Assignment: Please give back, word for word, only the lines starting at the one containing "piece_byte-append (user pos" and ending at the one containing "abbrev pub part_byte" within the material below.

+ + + +

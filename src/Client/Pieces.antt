-- ===== src/Client/Pieces.antt =====
-- src/client/cluster_client.cpp: the buffers of a part, byte by byte.
use vitastor.Base.{
  ℕ, ◌+◌, ◌-◌, ◌≡◌, refl, inl, inr, Bool, true, ◌&&◌, List, [], ◌∷◌, ◌++◌, Option, none, some, ltb,
  leb, if◌then◌else◌, arith, Bool-cases,
}
use vitastor.Client.Slices.{Piece, user, scrap, add_iov}

-- The byte of the operation's buffers that a part's byte belongs to.
unfoldable pub piece_byte : List Piece → ℕ → Option ℕ
piece_byte [] k = none
piece_byte (user pos n ∷ ps) k = if ltb k n then some (pos + k) else piece_byte ps (k - n)
piece_byte (scrap n ∷ ps) k = if ltb k n then none else piece_byte ps (k - n)

unfoldable pub pieces_size : List Piece → ℕ
pieces_size [] = 0
pieces_size (user pos n ∷ ps) = n + pieces_size ps
pieces_size (scrap n ∷ ps) = n + pieces_size ps

pub pieces_size-append :
    (ps qs : List Piece) → pieces_size (ps ++ qs) ≡ pieces_size ps + pieces_size qs
unfolding pieces_size
pieces_size-append [] qs = omega arith
pieces_size-append (user pos n ∷ ps) qs = omega (arith, pieces_size-append ps qs)
pieces_size-append (scrap n ∷ ps) qs = omega (arith, pieces_size-append ps qs)

pub piece_byte-append :
    (ps qs : List Piece) (k : ℕ)
    → piece_byte (ps ++ qs) k
      ≡ (if ltb k (pieces_size ps) then piece_byte ps k else piece_byte qs (k - pieces_size ps))
unfolding piece_byte pieces_size
piece_byte-append [] qs k = let e : k - 0 ≡ k = omega arith in ground (arith, e)
piece_byte-append (user pos n ∷ ps) qs k =
    let e : k - n - pieces_size ps ≡ k - (n + pieces_size ps) = omega arith in
    elim (Bool-cases (ltb k n)) [
      | inl y ↦ ground (arith, y)
      | inr f ↦ rw f (ground (arith, f, e, piece_byte-append ps qs (k - n)))
    ]
piece_byte-append (scrap n ∷ ps) qs k =
    let e : k - n - pieces_size ps ≡ k - (n + pieces_size ps) = omega arith in
    elim (Bool-cases (ltb k n)) [
      | inl y ↦ ground (arith, y)
      | inr f ↦ rw f (ground (arith, f, e, piece_byte-append ps qs (k - n)))
    ]

-- What a byte between two bounds is read into.
abbrev pub part_byte : ℕ → ℕ → List Piece → ℕ → Option ℕ
part_byte begin end iov x = if leb begin x && ltb x end then piece_byte iov (x - begin) else none

pub add_iov_pos :
    (size : ℕ) (skip : Bool) (pos scrap_len : ℕ) (iov : List Piece)
    → (add_iov size skip pos iov scrap_len).0 ≡ pos + size
unfolding add_iov
add_iov_pos size skip pos scrap_len iov = refl

pub add_iov_none : (size pos : ℕ) (iov : List Piece) → (add_iov size true pos iov 0).1 ≡ iov
unfolding add_iov
add_iov_none size pos iov = ground arith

+ + + +

Written answer:
piece_byte-append (user pos n ∷ ps) qs k =
    let e : k - n - pieces_size ps ≡ k - (n + pieces_size ps) = omega arith in
    elim (Bool-cases (ltb k n)) [
      | inl y ↦ ground (arith, y)
      | inr f ↦ rw f (ground (arith, f, e, piece_byte-append ps qs (k - n)))
    ]
piece_byte-append (scrap n ∷ ps) qs k =
    let e : k - n - pieces_size ps ≡ k - (n + pieces_size ps) = omega arith in
    elim (Bool-cases (ltb k n)) [
      | inl y ↦ ground (arith, y)
      | inr f ↦ rw f (ground (arith, f, e, piece_byte-append ps qs (k - n)))
    ]

-- What a byte between two bounds is read into.
abbrev pub part_byte : ℕ → ℕ → List Piece → ℕ → Option ℕ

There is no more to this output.